Secondly, an online analysis service Ualcan which is also based on TCGA data (503 squamous cell carcinoma and 515 lung adenocarcinoma) was also used for data exploration (Figure 5A-5N), the result also revealed that NDC80 expresses higher in smoker than non smokers and the expression increases as the smoking years lasting longer (Figure 5D), and NDC80 tends to be higher in cases with lympho node netastasis (Figure 5G). Interestingly, bigger sample number also yields the discovery that both NDC80 (Figure 5C) and MAD2LI (Figure 5J) express higher in male than female patients, hypothetically, the gender association might be related to the fact that most smokers were man rather than woman.
NDC80 and MAD2L1 centered signaling pathways
The expression profile of NDC80 and MAD2L1 was analyzed in various tumors using GEPIA and we discovered that both NDC80 and MAD2L1 were broad-spectrum up-regulated in multiple human tumors including lung adenocarcinoma and lung squamous cell carcinoma (Figure 6A, 6F).
To understand the potential functions of NDC80 and MAD2L1, we performed GO and KEGG to analyze the biological processes the genes mainly participate in and the signaling pathways they involve.
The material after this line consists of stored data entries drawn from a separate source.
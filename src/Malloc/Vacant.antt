-- ===== src/Malloc/Vacant.antt =====
-- A free block of the heap, with the blocks before and behind it; and the heap put together again.
use cmpsc_473_operating_syst.Common.{
  ℕ, ◌+◌, ◌-◌, ◌^◌, ◌<◌, ◌≡◌, refl, ap, sym, ◌∙◌, arith, true, false, List, ◌∷◌, ◌++◌, length,
}
use mathlib.Core.Path.{subst}
use cmpsc_473_operating_syst.Memlib.{MemLib}
use cmpsc_473_operating_syst.Malloc.{Mm, load}
use cmpsc_473_operating_syst.Malloc.FreeList.{Placed}
use cmpsc_473_operating_syst.Malloc.Blocks.{
  vacant, used, Row, row_end, row_end-le, row_end-append, last_used, vacancies, vacancies-append,
  flag, Sized,
}
use cmpsc_473_operating_syst.Malloc.Vacancies.{In, Same}
use cmpsc_473_operating_syst.Malloc.Members.{NotIn, Placed-NotIn, Same-around, length-around}
use cmpsc_473_operating_syst.Malloc.Around.{Runs, Runs-split, Runs-append, Around, Linkable}
use cmpsc_473_operating_syst.Malloc.Invariant.{IsHeap, Beside, vacancies-Beside, Shape}
use cmpsc_473_operating_syst.Malloc.Relink.{vacancies-Linkable}

pub record HasVacant (s : Mm) (ls : Row) (k : ℕ) (rs : Row) (xs : List ℕ) (b : ℕ) : Type 0 where
  pub sized : Sized k
  pub header : load s b ≡ k + flag (last_used true ls)
  pub footer : load s (b + k - 8) ≡ k
  pub shape : Shape s.lib ls rs (b + k) xs false s
  pub beside : Beside b (b + k) xs
  pub linkable : (x : ℕ) → In x xs → Linkable s.lib ls rs (b + k) x
  pub behind : row_end (b + k) rs + 8 < 2 ^ 64
  pub before : 8 < b

pub IsHeap-HasVacant :
    (s : Mm) (ls : Row) (k : ℕ) (rs : Row) (xs : List ℕ)
    → IsHeap s (ls ++ vacant k ∷ rs) xs
    → HasVacant s ls k rs xs (row_end (s.lib.heap + 8) ls)
IsHeap-HasVacant s ls k rs xs h =
    let a = s.lib.heap + 8 in
    let (low, align, end, most, limit) = h.fits in
    let (left, (((sized, header, footer), right), last)) =
      Runs-split s.mem true a ls (vacant k ∷ rs) h.runs in
    record {
      sized = sized;
      header = header;
      footer = footer;
      shape = ((refl, left, (right, last)), h.linked);
      beside = λ x i. vacancies-Beside s a ls k rs true false left (right, last) x ((h.same x).0 i);
      linkable = λ x i. vacancies-Linkable s.lib ls k rs sized.0 x ((h.same x).0 i);
      behind = omega (arith, row_end-append a ls (vacant k ∷ rs));
      before = omega (arith, row_end-le a ls);
    }

-- The middle of the heap holds a row again.
pub Around-Runs :
    (lib : MemLib) (ls ms rs : Row) (hi : ℕ) (s : Mm)
    → Around lib ls rs hi (last_used (last_used true ls) ms) s
    → row_end (row_end (lib.heap + 8) ls) ms ≡ hi
    → (Runs s.mem (last_used (last_used true ls) ms) (row_end (row_end (lib.heap + 8) ls) ms) rs
        → Runs s.mem (last_used true ls) (row_end (lib.heap + 8) ls) (ms ++ rs))
    → Runs s.mem true (lib.heap + 8) (ls ++ (ms ++ rs))
Around-Runs lib ls ms rs hi s (same, left, right) at middle =
    Runs-append s.mem true (lib.heap + 8) ls (ms ++ rs) left
      (middle (subst (λ t. Runs s.mem (last_used (last_used true ls) ms) t rs) (sym at) right))

-- The free blocks when the one at `b` is gone.
module _ (lib : MemLib) (ls : Row) (k : ℕ) (rs : Row) (c : ℕ → ℕ) (b : ℕ)
    (at : row_end (lib.heap + 8) ls ≡ b) (ys zs : List ℕ) where
  abbrev around : List ℕ
  around = vacancies (lib.heap + 8) ls ++ vacancies (b + k) rs

  vacancies-used : vacancies (lib.heap + 8) (ls ++ used k c ∷ rs) ≡ around
  vacancies-used =
      vacancies-append (lib.heap + 8) ls (used k c ∷ rs)
      ∙ ap (λ t. vacancies (lib.heap + 8) ls ++ vacancies (t + k) rs) at

  vacancies-vacant :
      vacancies (lib.heap + 8) (ls ++ vacant k ∷ rs)
      ≡ vacancies (lib.heap + 8) ls ++ b ∷ vacancies (b + k) rs
  vacancies-vacant =
      vacancies-append (lib.heap + 8) ls (vacant k ∷ rs)
      ∙ ap (λ t. vacancies (lib.heap + 8) ls ++ t ∷ vacancies (t + k) rs) at

  pub Same-taken :
      Placed (ys ++ b ∷ zs)
      → NotIn b around
      → Same (ys ++ b ∷ zs) (vacancies (lib.heap + 8) (ls ++ vacant k ∷ rs))
      → Same (ys ++ zs) (vacancies (lib.heap + 8) (ls ++ used k c ∷ rs))
  Same-taken placed out same = subst (Same (ys ++ zs)) (sym vacancies-used) (
      Same-around b ys zs (vacancies (lib.heap + 8) ls) (vacancies (b + k) rs)
        (subst (Same (ys ++ b ∷ zs)) vacancies-vacant same) (Placed-NotIn b ys zs placed) out)

  pub length-taken :
      length (ys ++ b ∷ zs) ≡ length (vacancies (lib.heap + 8) (ls ++ vacant k ∷ rs))
      → length (ys ++ zs) ≡ length (vacancies (lib.heap + 8) (ls ++ used k c ∷ rs))
  length-taken e =
      length-around b ys zs (vacancies (lib.heap + 8) ls) (vacancies (b + k) rs)
        (e ∙ ap length vacancies-vacant)
      ∙ ap length (sym vacancies-used)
The result revealed an really interesting fact that even in different sub types of lung cancer (LUAD and LUSC), NDC80 and MAD2L1 shared biological functions. Both NDC80 (Table 6) and MAD2L1 (Table 7) were primarily focused on mitotic cell cycle regulation related processes, for instance cell division, chromosome segregation and spindle assembly regulating signaling.
Moreover, NDC80 and MAD2L1 centered PPI network showed a similar result that the genes NDC80 (Figure 6B) and MAD2L1 (Figure 6G) related were both cell cycle regulation involved including BUB1B and AURKA. GEPIA analysis confirmed the correlation between NDC80 and MAD2L1, BUB1B, AURKA in both LUAD (Figure 6C-6E) and LUSC (Figure 6H-6J).
Considering that great proportion of current chemotherapy drugs are developed based on their association with cell mitosis cycle, the correlation between NDC80, MAD2L1 and cell division process indicate the potential value these genes working as two other chemotherapy drug targets. However, more experiments and clinical trials will be needed to validate the hypothesis.